SUPPLIED MATERIAL -
____
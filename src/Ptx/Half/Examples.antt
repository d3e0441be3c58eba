-- ===== src/Ptx/Half/Examples.antt =====
-- The 16-bit conversions at concrete patterns.
use rouge_v.Base.{◌≤◌, ◌≡◌, refl, arith}
use rouge_v.Ptx.Half.{f16_to_f32, f32_to_f16_rne, f32_to_bf16_rne, f16_normal, f16_subnormal}
use rouge_v.Ptx.Half.RoundTrip.{f32_to_f16_rne-f16_to_f32}
use rouge_v.Ptx.Half.Nearest.{NearestEven, f32_to_bf16_rne-NearestEven}
use rouge_v.Ptx.Half.Monotone.{
  f16_half, f16_scaled, f32_to_f16_rne-NearestEven, f32_to_f16_rne_mono,
}

one_third : f32_to_f16_rne 0x3eaa_aaab ≡ 0x3555
unfolding f32_to_f16_rne f16_normal
one_third = refl

least_subnormal : f32_to_f16_rne 0x3380_0000 ≡ 1
unfolding f32_to_f16_rne f16_subnormal
least_subnormal = refl

subnormal_to_f32 : f16_to_f32 1 ≡ 0x3380_0000
unfolding f16_to_f32
subnormal_to_f32 = refl

f32_to_f16_rne-f16_to_f32_example : f32_to_f16_rne (f16_to_f32 0xfc01) ≡ 0xfe00
f32_to_f16_rne-f16_to_f32_example = f32_to_f16_rne-f16_to_f32 0xfc01 (omega arith)

f32_to_bf16_rne-NearestEven_example : NearestEven 0x8000 0x3eaa_aaab (f32_to_bf16_rne 0x3eaa_aaab)
f32_to_bf16_rne-NearestEven_example = f32_to_bf16_rne-NearestEven 0x3eaa_aaab (omega arith)

f32_to_f16_rne-NearestEven_example :
    NearestEven (f16_half 0x3380_1234) (f16_scaled 0x3380_1234) (f32_to_f16_rne 0x3380_1234)
f32_to_f16_rne-NearestEven_example =
    f32_to_f16_rne-NearestEven 0x3380_1234 (omega arith) (omega arith)

f32_to_f16_rne_mono_example : f32_to_f16_rne 0x3380_1234 ≤ f32_to_f16_rne 0x4780_0000
f32_to_f16_rne_mono_example =
    f32_to_f16_rne_mono 0x3380_1234 0x4780_0000 (omega arith) (omega arith)
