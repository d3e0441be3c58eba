-- ===== src/Ptx/Layout/Packed.antt =====
-- The variables of a layout stand one behind the other, aligned, within its size.
use native.Mathlib.Nat.{mul-mod_left, div-add-mod', mod-lt}
use rouge_v.Base.{
  ℕ, ◌+◌, ◌-◌, ◌*◌, ◌/◌, ◌%◌, ◌^◌, ◌≤◌, ◌<◌, ◌≡◌, Bool, true, false, List, [], ◌∷◌, ◌++◌, arith,
  Bool-cases, inl, inr, ltb,
}
use rouge_v.Ptx.Layout.{
  align_up, int_div, no_brackets, unsized, sized, Token, dot_align, dot_type, variable,
  PtxSharedVar, PtxLocalVar, Shared, Local, shared_align, local_align_of, has_shared, has_local,
  place_shared, shared_tokens, parse_shared_decl, place_local, local_tokens, parse_local_decl,
}

-- What `align_up` gives where its sum is in the range of an `int`.
record Aligned (v a : ℕ) : Type 0 where
  le : v ≤ align_up v a
  aligned : align_up v a % a ≡ 0
  within : align_up v a ≤ v + a - 1

align_up-exact : (v a : ℕ) → 0 < a → v + a - 1 < 2 ^ 31 → align_up v a ≡ (v + a - 1) / a * a
unfolding align_up int_div
align_up-exact v a h room =
    let sum : (v + a + 2 ^ 32 - 1) % 2 ^ 32 ≡ v + a - 1 = omega arith in
    let small : ltb (v + a - 1) (2 ^ 31) ≡ true = ground arith in
    let q = div-add-mod' (v + a - 1) a in rw (sum, small) (omega (arith, q, room))

align_up-Aligned : (v a : ℕ) → 0 < a → v + a - 1 < 2 ^ 31 → Aligned v a
align_up-Aligned v a h room =
    let exact = align_up-exact v a h room in
    let q = div-add-mod' (v + a - 1) a in
    record {
      le = omega (arith, exact, q, mod-lt (v + a - 1) h);
      aligned = rw exact (mul-mod_left ((v + a - 1) / a) a);
      within = omega (arith, exact, q);
    }

-- The bytes that a variable takes.
pub record Region : Type 0 where
  pub start : ℕ
  pub unit : ℕ
  pub extent : ℕ

-- From `from` on, each variable starts behind the one before, at a multiple of its alignment, and
-- the last one ends within `size`.
abbrev pub IsPacked : {V : Type 0} → (V → Region) → ℕ → List V → ℕ → Type 0
IsPacked region from [] size = from ≤ size
IsPacked region from (v ∷ vs) size =
    (from ≤ (region v).start)
    × ((region v).start % (region v).unit ≡ 0)
    × IsPacked region ((region v).start + (region v).extent) vs size

append-IsPacked :
    {V : Type 0} (region : V → Region) (from : ℕ) (vs : List V) (v : V) (size size' : ℕ)
    → IsPacked region from vs size
    → size ≤ (region v).start
    → (region v).start % (region v).unit ≡ 0
    → (region v).start + (region v).extent ≤ size'
    → IsPacked region from (vs ++ (v ∷ [])) size'
append-IsPacked region from [] v size size' p behind aligned within = (omega arith, aligned, within)
append-IsPacked region from (u ∷ vs) v size size' p behind aligned within = (
  p.0,
  p.1,
  append-IsPacked region ((region u).start + (region u).extent) vs v size size' p.2 behind aligned
      within,
)

grow-IsPacked :
    {V : Type 0} (region : V → Region) (from : ℕ) (vs : List V) (size size' : ℕ)
    → IsPacked region from vs size
    → size ≤ size'
    → IsPacked region from vs size'
grow-IsPacked region from [] size size' p more = omega arith
grow-IsPacked region from (u ∷ vs) size size' p more =
    (p.0, p.1, grow-IsPacked region ((region u).start + (region u).extent) vs size size' p.2 more)

-- Each type of a declaration has at least one byte, as `shared_elem_bytes` gives.
abbrev pub IsTyped : {Name : Type 0} → List (Token Name) → Type 0
IsTyped [] = Unit {0}
IsTyped (dot_align n ∷ ts) = IsTyped ts
IsTyped (dot_type n ∷ ts) = (0 < n) × IsTyped ts
IsTyped (variable name b ∷ ts) = IsTyped ts

abbrev pub shared_region : {Name : Type 0} → PtxSharedVar Name → Region
shared_region v = record { start = v.offset; unit = v.align; extent = v.elem_bytes * v.count }

abbrev pub local_region : {Name : Type 0} → PtxLocalVar Name → Region
local_region v = record { start = v.local_offset; unit = v.local_align; extent = v.bytes }

abbrev pub SharedPacked : {Name : Type 0} → Shared Name → Type 0
SharedPacked s = IsPacked shared_region 0 s.shared_vars s.shared_size

abbrev pub LocalPacked : {Name : Type 0} → Local Name → Type 0
LocalPacked s = IsPacked local_region 0 s.local_vars s.local_size

-- The bytes that a declaration may take: what each variable has, and what its alignment may skip.
abbrev pub shared_demand : {Name : Type 0} → ℕ → ℕ → List (Token Name) → ℕ
shared_demand align e [] = 15
shared_demand align e (dot_align n ∷ ts) = shared_demand n e ts
shared_demand align e (dot_type n ∷ ts) = shared_demand align n ts
shared_demand align e (variable name no_brackets ∷ ts) = shared_demand align e ts
shared_demand align e (variable name unsized ∷ ts) = shared_align align e + shared_demand align e ts
shared_demand align e (variable name (sized n) ∷ ts) =
    shared_align align e + e * n + shared_demand align e ts

abbrev pub local_demand : {Name : Type 0} → ℕ → ℕ → List (Token Name) → ℕ
local_demand align e [] = 0
local_demand align e (dot_align n ∷ ts) = local_demand n e ts
local_demand align e (dot_type n ∷ ts) = local_demand align n ts
local_demand align e (variable name no_brackets ∷ ts) =
    local_align_of align e + e + local_demand align e ts
local_demand align e (variable name unsized ∷ ts) = local_align_of align e + local_demand align e ts
local_demand align e (variable name (sized n) ∷ ts) =
    local_align_of align e + e * n + local_demand align e ts

module _ {Name : Type 0} (same_name : Name → Name → Bool) where
  -- A variable that has room.
  place_shared-SharedPacked :
      (align elem_bytes : ℕ) (name : Name) (count : ℕ) (dynamic : Bool) (s : Shared Name)
      → 0 < elem_bytes
      → s.shared_size + shared_align align elem_bytes + elem_bytes * count < 2 ^ 31
      → SharedPacked s
      → SharedPacked (place_shared same_name align elem_bytes name count dynamic s)
        × ((place_shared same_name align elem_bytes name count dynamic s).shared_size
            ≤ s.shared_size + shared_align align elem_bytes + elem_bytes * count)
  unfolding place_shared
  place_shared-SharedPacked align elem_bytes name count dynamic s positive room p =
      elim (Bool-cases (has_shared same_name name s.shared_vars)) [
        | inl known ↦ rw known (p, omega arith)
        | inr new ↦
            let a = shared_align align elem_bytes in
            let a_positive : 0 < a = ground arith in
            let up = align_up-Aligned s.shared_size a a_positive (omega (arith, room)) in
            let end : (align_up s.shared_size a + elem_bytes * count) % 2 ^ 32
                ≡ align_up s.shared_size a + elem_bytes * count =
              omega (arith, up.within, room) in
            rw new (
              append-IsPacked shared_region 0 s.shared_vars _ s.shared_size _ p up.le up.aligned
                  (omega (arith, end)),
              omega (arith, end, up.within),
            )
      ]

  shared_tokens-SharedPacked :
      (align elem_bytes : ℕ) (ts : List (Token Name)) (s : Shared Name)
      → 0 < elem_bytes
      → IsTyped ts
      → s.shared_size + shared_demand align elem_bytes ts < 2 ^ 31
      → SharedPacked s
      → SharedPacked (shared_tokens same_name align elem_bytes ts s)
        × ((shared_tokens same_name align elem_bytes ts s).shared_size + 15
            ≤ s.shared_size + shared_demand align elem_bytes ts)
  unfolding shared_tokens
  shared_tokens-SharedPacked align e [] s positive typed room p = (p, omega arith)
  shared_tokens-SharedPacked align e (dot_align n ∷ ts) s positive typed room p =
      shared_tokens-SharedPacked n e ts s positive typed room p
  shared_tokens-SharedPacked align e (dot_type n ∷ ts) s positive typed room p =
      shared_tokens-SharedPacked align n ts s typed.0 typed.1 room p
  shared_tokens-SharedPacked align e (variable name no_brackets ∷ ts) s positive typed room p =
      shared_tokens-SharedPacked align e ts s positive typed room p
  shared_tokens-SharedPacked align e (variable name unsized ∷ ts) s positive typed room p =
      let here = place_shared-SharedPacked align e name 0 true s positive (omega (arith, room)) p in
      let rest =
        shared_tokens-SharedPacked align e ts _ positive typed (omega (arith, room, here.1))
          here.0 in
      (rest.0, omega (arith, here.1, rest.1))
  shared_tokens-SharedPacked align e (variable name (sized n) ∷ ts) s positive typed room p =
      let here =
        place_shared-SharedPacked align e name n false s positive (omega (arith, room)) p in
      let rest =
        shared_tokens-SharedPacked align e ts _ positive typed (omega (arith, room, here.1))
          here.0 in
      (rest.0, omega (arith, here.1, rest.1))

  pub parse_shared_decl-size :
      (ts : List (Token Name)) (s : Shared Name)
      → IsTyped ts
      → s.shared_size + shared_demand 0 4 ts < 2 ^ 31
      → SharedPacked s
      → (parse_shared_decl same_name ts s).shared_size ≤ s.shared_size + shared_demand 0 4 ts
  unfolding parse_shared_decl
  parse_shared_decl-size ts s typed room p =
      let s' = shared_tokens same_name 0 4 ts s in
      let all = (shared_tokens-SharedPacked 0 4 ts s (omega arith) typed room p).1 in
      let up = align_up-Aligned s'.shared_size 16 (omega arith) (omega (arith, all, room)) in
      omega (arith, all, up.within)

  -- A `.shared` declaration whose types have at least one byte, and whose variables with their
  -- alignments fit in an `int` behind the size so far, keeps the variables of the scratchpad one
  -- behind the other, each at a multiple of its alignment, the last within the size, and leaves a
  -- size that is a multiple of 16.
  pub parse_shared_decl-SharedPacked :
      (ts : List (Token Name)) (s : Shared Name)
      → IsTyped ts
      → s.shared_size + shared_demand 0 4 ts < 2 ^ 31
      → SharedPacked s
      → SharedPacked (parse_shared_decl same_name ts s)
        × ((parse_shared_decl same_name ts s).shared_size % 16 ≡ 0)
  unfolding parse_shared_decl
  parse_shared_decl-SharedPacked ts s typed room p =
      let s' = shared_tokens same_name 0 4 ts s in
      let all = shared_tokens-SharedPacked 0 4 ts s (omega arith) typed room p in
      let up = align_up-Aligned s'.shared_size 16 (omega arith) (omega (arith, all.1, room)) in
      (grow-IsPacked shared_region 0 s'.shared_vars s'.shared_size _ all.0 up.le, up.aligned)

  place_local-LocalPacked :
      (align elem_bytes : ℕ) (name : Name) (bytes : ℕ) (s : Local Name)
      → 0 < elem_bytes
      → s.local_size + local_align_of align elem_bytes + bytes < 2 ^ 31
      → LocalPacked s
      → LocalPacked (place_local same_name align elem_bytes name bytes s)
        × ((place_local same_name align elem_bytes name bytes s).local_size
            ≤ s.local_size + local_align_of align elem_bytes + bytes)
  unfolding place_local
  place_local-LocalPacked align elem_bytes name bytes s positive room p =
      elim (Bool-cases (has_local same_name name s.local_vars)) [
        | inl known ↦ rw known (p, omega arith)
        | inr new ↦
            let a = local_align_of align elem_bytes in
            let a_positive : 0 < a = ground arith in
            let up = align_up-Aligned s.local_size a a_positive (omega (arith, room)) in
            let end : (align_up s.local_size a + bytes) % 2 ^ 32 ≡ align_up s.local_size a + bytes =
              omega (arith, up.within, room) in
            rw new (
              append-IsPacked local_region 0 s.local_vars _ s.local_size _ p up.le up.aligned
                  (omega (arith, end)),
              omega (arith, end, up.within),
            )
      ]

  local_tokens-LocalPacked :
      (align elem_bytes : ℕ) (ts : List (Token Name)) (s : Local Name)
      → 0 < elem_bytes
      → IsTyped ts
      → s.local_size + local_demand align elem_bytes ts < 2 ^ 31
      → LocalPacked s
      → LocalPacked (local_tokens same_name align elem_bytes ts s)
        × ((local_tokens same_name align elem_bytes ts s).local_size
            ≤ s.local_size + local_demand align elem_bytes ts)
  unfolding local_tokens
  local_tokens-LocalPacked align e [] s positive typed room p = (p, omega arith)
  local_tokens-LocalPacked align e (dot_align n ∷ ts) s positive typed room p =
      local_tokens-LocalPacked n e ts s positive typed room p
  local_tokens-LocalPacked align e (dot_type n ∷ ts) s positive typed room p =
      local_tokens-LocalPacked align n ts s typed.0 typed.1 room p
  local_tokens-LocalPacked align e (variable name no_brackets ∷ ts) s positive typed room p =
      let here = place_local-LocalPacked align e name e s positive (omega (arith, room)) p in
      let rest =
        local_tokens-LocalPacked align e ts _ positive typed (omega (arith, room, here.1)) here.0 in
      (rest.0, omega (arith, here.1, rest.1))
  local_tokens-LocalPacked align e (variable name unsized ∷ ts) s positive typed room p =
      let none : e * 0 ≡ 0 = omega arith in
      let here = place_local-LocalPacked align e name (e * 0) s positive (omega (arith, room)) p in
      let rest =
        local_tokens-LocalPacked align e ts _ positive typed (omega (arith, room, here.1)) here.0 in
      (rest.0, omega (arith, none, here.1, rest.1))
  local_tokens-LocalPacked align e (variable name (sized n) ∷ ts) s positive typed room p =
      let small : e * n % 2 ^ 32 ≡ e * n = omega (arith, room) in
      let here =
        place_local-LocalPacked align e name (e * n % 2 ^ 32) s positive
          (omega (arith, room, small)) p in
      let rest =
        local_tokens-LocalPacked align e ts _ positive typed (omega (arith, room, small, here.1))
          here.0 in
      (rest.0, omega (arith, small, here.1, rest.1))

  -- A `.local` declaration whose types have at least one byte, and whose variables with their
  -- alignments fit in an `int` behind the size so far, keeps the variables of a thread's depot one
  -- behind the other, each at a multiple of its alignment, the last within the size.
  pub parse_local_decl-LocalPacked :
      (ts : List (Token Name)) (s : Local Name)
      → IsTyped ts
      → s.local_size + local_demand 0 1 ts < 2 ^ 31
      → LocalPacked s
      → LocalPacked (parse_local_decl same_name ts s)
  unfolding parse_local_decl
  parse_local_decl-LocalPacked ts s typed room p =
      (local_tokens-LocalPacked 0 1 ts s (omega arith) typed room p).0

  pub parse_local_decl-size :
      (ts : List (Token Name)) (s : Local Name)
      → IsTyped ts
      → s.local_size + local_demand 0 1 ts < 2 ^ 31
      → LocalPacked s
      → (parse_local_decl same_name ts s).local_size ≤ s.local_size + local_demand 0 1 ts
  unfolding parse_local_decl
  parse_local_decl-size ts s typed room p =
      (local_tokens-LocalPacked 0 1 ts s (omega arith) typed room p).1
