-- ===== src/Body.antt =====
-- src/endpoints/body.rs: the endpoints that take or receive the body of the request.
-- `http`'s headers, `mime` and `serde` are parameters: `mime_of` is `to_str` and `parse` of a header
-- value, and a decoder is `from_utf8`, `serde_json::from_slice` or `serde_qs::from_str`, each with
-- its error as the text that it displays. A body is a `BufStream`. A chunk
-- is what `bytes()` gives of it, which is all that the code reads of it: of a chunk that is not in one
-- piece, the first piece.
pub mod Receiving
pub mod Endpoints
use finch_router.Prelude.{
  ℕ, zero, suc, String, List, [], ◌++◌, Option, none, some, Outcome, ok, err, panicked, Bool, not,
  if◌then◌else◌,
}
use finch_router.Common.{One, one}
use finch_router.Crates.{Crates}
use finch_router.Error.{Error, bad_request}
use finch_router.Context.{PreflightContext, ActionContext, take_body}
use finch_router.Action.{
  Async, ready, not_ready, incomplete, map_ok, Checked, Polled, EndpointAction, Endpoint,
}

-- `BufStream::poll_buf` of a body, with its error converted by `from_boxed_compat`
abbrev pub PollBuf : Type 0 → Type 0
PollBuf Bd = Bd → Outcome Error (Async (Option (List ℕ))) × Bd

-- `EndpointAction::preflight`, where an action does not override it
unfoldable pub default_preflight :
    {k : Crates} {S T : Type 0} → S → PreflightContext k → Checked k S T
default_preflight s cx = (ok incomplete, s, cx)

module _ {k : Crates} {Bd : Type 0} where
  -- `RawAction::poll_action`
  unfoldable pub poll_raw : Unit {0} → ActionContext k Bd → Polled k Bd (Unit {0}) (One Bd)
  poll_raw s cx = let (r, cx') = take_body cx in (map_ok (λ x. ready (one x)) r, s, cx')

  -- `raw`
  unfoldable pub raw : Endpoint k Bd (Unit {0}) (One Bd)
  unfolding poll_raw default_preflight
  raw = record {
    action = tt;
    behaviour = record { preflight = default_preflight; poll_action = poll_raw };
  }

-- `receive_all::State`
pub data State (Bd : Type 0) : Type 0 where
  start : State Bd
  receiving : Bd → List ℕ → State Bd

module _ {Bd : Type 0} (poll_buf : PollBuf Bd) where
  -- The `while let` of the `Receiving` arm; the fuel bounds its rounds, and `none` is the result
  -- where it runs out. The buffer is emptied where the body ends.
  unfoldable pub receive : ℕ → Bd → List ℕ → Option (Outcome Error (Async (List ℕ)) × State Bd)
  receive zero body buf = none
  receive (suc fuel) body buf =
      let (r, body') = poll_buf body in
      elim r [
        | ok (ready (some data')) ↦ receive fuel body' (buf ++ data')
        | ok (ready none) ↦ some (ok (ready buf), receiving body' [])
        | ok not_ready ↦ some (ok not_ready, receiving body' buf)
        | err e ↦ some (err e, receiving body' buf)
        | panicked ↦ some (panicked, receiving body' buf)
      ]

module _ {k : Crates} {Bd : Type 0} (poll_buf : PollBuf Bd) where
  -- `ReceiveAllAction::poll_action`: the body is taken at the first poll, and received from there
  unfoldable pub poll_receive_all :
      ℕ → State Bd → ActionContext k Bd → Option (Polled k Bd (State Bd) (List ℕ))
  poll_receive_all fuel start cx =
      let (r, cx') = take_body cx in
      elim r [
        | ok payload ↦ elim (receive poll_buf fuel payload []) [
          | none ↦ none
          | some (out, s) ↦ some (out, s, cx')
        ]
        | err e ↦ some (err e, start, cx')
        | panicked ↦ some (panicked, start, cx')
      ]
  poll_receive_all fuel (receiving body buf) cx = elim (receive poll_buf fuel body buf) [
    | none ↦ none
    | some (out, s) ↦ some (out, s, cx)
  ]

  -- `poll_action` of `TextAction`, `JsonAction` and `UrlencodedAction`, by their decoder
  unfoldable pub poll_decoded :
      {T : Type 0}
      → (List ℕ → Outcome String T)
      → ℕ
      → State Bd
      → ActionContext k Bd
      → Option (Polled k Bd (State Bd) (One T))
  unfolding poll_receive_all
  poll_decoded decode fuel s cx = elim (poll_receive_all fuel s cx) [
    | none ↦ none
    | some (ok (ready bytes), s', cx') ↦ elim (decode bytes) [
      | ok x ↦ some (ok (ready (one x)), s', cx')
      | err cause ↦ some (err (bad_request cause), s', cx')
      | panicked ↦ some (panicked, s', cx')
    ]
    | some (ok not_ready, s', cx') ↦ some (ok not_ready, s', cx')
    | some (err e, s', cx') ↦ some (err e, s', cx')
    | some (panicked, s', cx') ↦ some (panicked, s', cx')
  ]

-- `content_type`
unfoldable pub content_type :
    (k : Crates) {Mime : Type 0}
    → (k.HeaderValue → Outcome String Mime)
    → k.Request
    → Outcome Error (Option Mime)
content_type k mime_of request = elim (k.header request "content-type") [
  | none ↦ ok none
  | some h ↦ elim (mime_of h) [
    | ok mime ↦ ok (some mime)
    | err cause ↦ err (bad_request cause)
    | panicked ↦ panicked
  ]
]

module _ {k : Crates} {Mime : Type 0} (mime_of : k.HeaderValue → Outcome String Mime) where
  -- `TextAction::preflight`; `charset` is `m.get_param("charset")`, and `is_utf8` its comparison
  unfoldable pub preflight_text :
      {Charset S T : Type 0}
      → (Mime → Option Charset)
      → (Charset → Bool)
      → S
      → PreflightContext k
      → Checked k S T
  unfolding content_type
  preflight_text charset is_utf8 s cx = elim (content_type k mime_of cx.context.request) [
    | err e ↦ (err e, s, cx)
    | panicked ↦ (panicked, s, cx)
    | ok none ↦ (ok incomplete, s, cx)
    | ok (some m) ↦ elim (charset m) [
      | none ↦ (ok incomplete, s, cx)
      | some param ↦
          if not (is_utf8 param)
          then (err (bad_request "Only the UTF-8 charset is supported."), s, cx)
          else (ok incomplete, s, cx)
    ]
  ]

  -- `preflight` of `JsonAction` and `UrlencodedAction`, by the test for their type and by the text
  -- of their error
  unfoldable pub preflight_typed :
      {S T : Type 0} → (Mime → Bool) → String → S → PreflightContext k → Checked k S T
  unfolding content_type
  preflight_typed is_expected message s cx = elim (content_type k mime_of cx.context.request) [
    | err e ↦ (err e, s, cx)
    | panicked ↦ (panicked, s, cx)
    | ok none ↦ (err (bad_request "missing content type"), s, cx)
    | ok (some m) ↦
        if not (is_expected m) then (err (bad_request message), s, cx) else (ok incomplete, s, cx)
  ]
____
TASK GOAL - Copy the records above exactly, beginning at the line that contains "(from ≤ (region v).start)" and stopping after the line that contains "shared_demand align e (dot_align".

OUTPUT -
    (from ≤ (region v).start)
    × ((region v).start % (region v).unit ≡ 0)
    × IsPacked region ((region v).start + (region v).extent) vs size

append-IsPacked :
    {V : Type 0} (region : V → Region) (from : ℕ) (vs : List V) (v : V) (size size' : ℕ)
    → IsPacked region from vs size
    → size ≤ (region v).start
    → (region v).start % (region v).unit ≡ 0
    → (region v).start + (region v).extent ≤ size'
    → IsPacked region from (vs ++ (v ∷ [])) size'
append-IsPacked region from [] v size size' p behind aligned within = (omega arith, aligned, within)
append-IsPacked region from (u ∷ vs) v size size' p behind aligned within = (
  p.0,
  p.1,
  append-IsPacked region ((region u).start + (region u).extent) vs v size size' p.2 behind aligned
      within,
)

grow-IsPacked :
    {V : Type 0} (region : V → Region) (from : ℕ) (vs : List V) (size size' : ℕ)
    → IsPacked region from vs size
    → size ≤ size'
    → IsPacked region from vs size'
grow-IsPacked region from [] size size' p more = omega arith
grow-IsPacked region from (u ∷ vs) size size' p more =
    (p.0, p.1, grow-IsPacked region ((region u).start + (region u).extent) vs size size' p.2 more)

-- Each type of a declaration has at least one byte, as `shared_elem_bytes` gives.
abbrev pub IsTyped : {Name : Type 0} → List (Token Name) → Type 0
IsTyped [] = Unit {0}
IsTyped (dot_align n ∷ ts) = IsTyped ts
IsTyped (dot_type n ∷ ts) = (0 < n) × IsTyped ts
IsTyped (variable name b ∷ ts) = IsTyped ts

abbrev pub shared_region : {Name : Type 0} → PtxSharedVar Name → Region
shared_region v = record { start = v.offset; unit = v.align; extent = v.elem_bytes * v.count }

abbrev pub local_region : {Name : Type 0} → PtxLocalVar Name → Region
local_region v = record { start = v.local_offset; unit = v.local_align; extent = v.bytes }

abbrev pub SharedPacked : {Name : Type 0} → Shared Name → Type 0
SharedPacked s = IsPacked shared_region 0 s.shared_vars s.shared_size

abbrev pub LocalPacked : {Name : Type 0} → Local Name → Type 0
LocalPacked s = IsPacked local_region 0 s.local_vars s.local_size

-- The bytes that a declaration may take: what each variable has, and what its alignment may skip.
abbrev pub shared_demand : {Name : Type 0} → ℕ → ℕ → List (Token Name) → ℕ
shared_demand align e [] = 15
shared_demand align e (dot_align n ∷ ts) = shared_demand n e ts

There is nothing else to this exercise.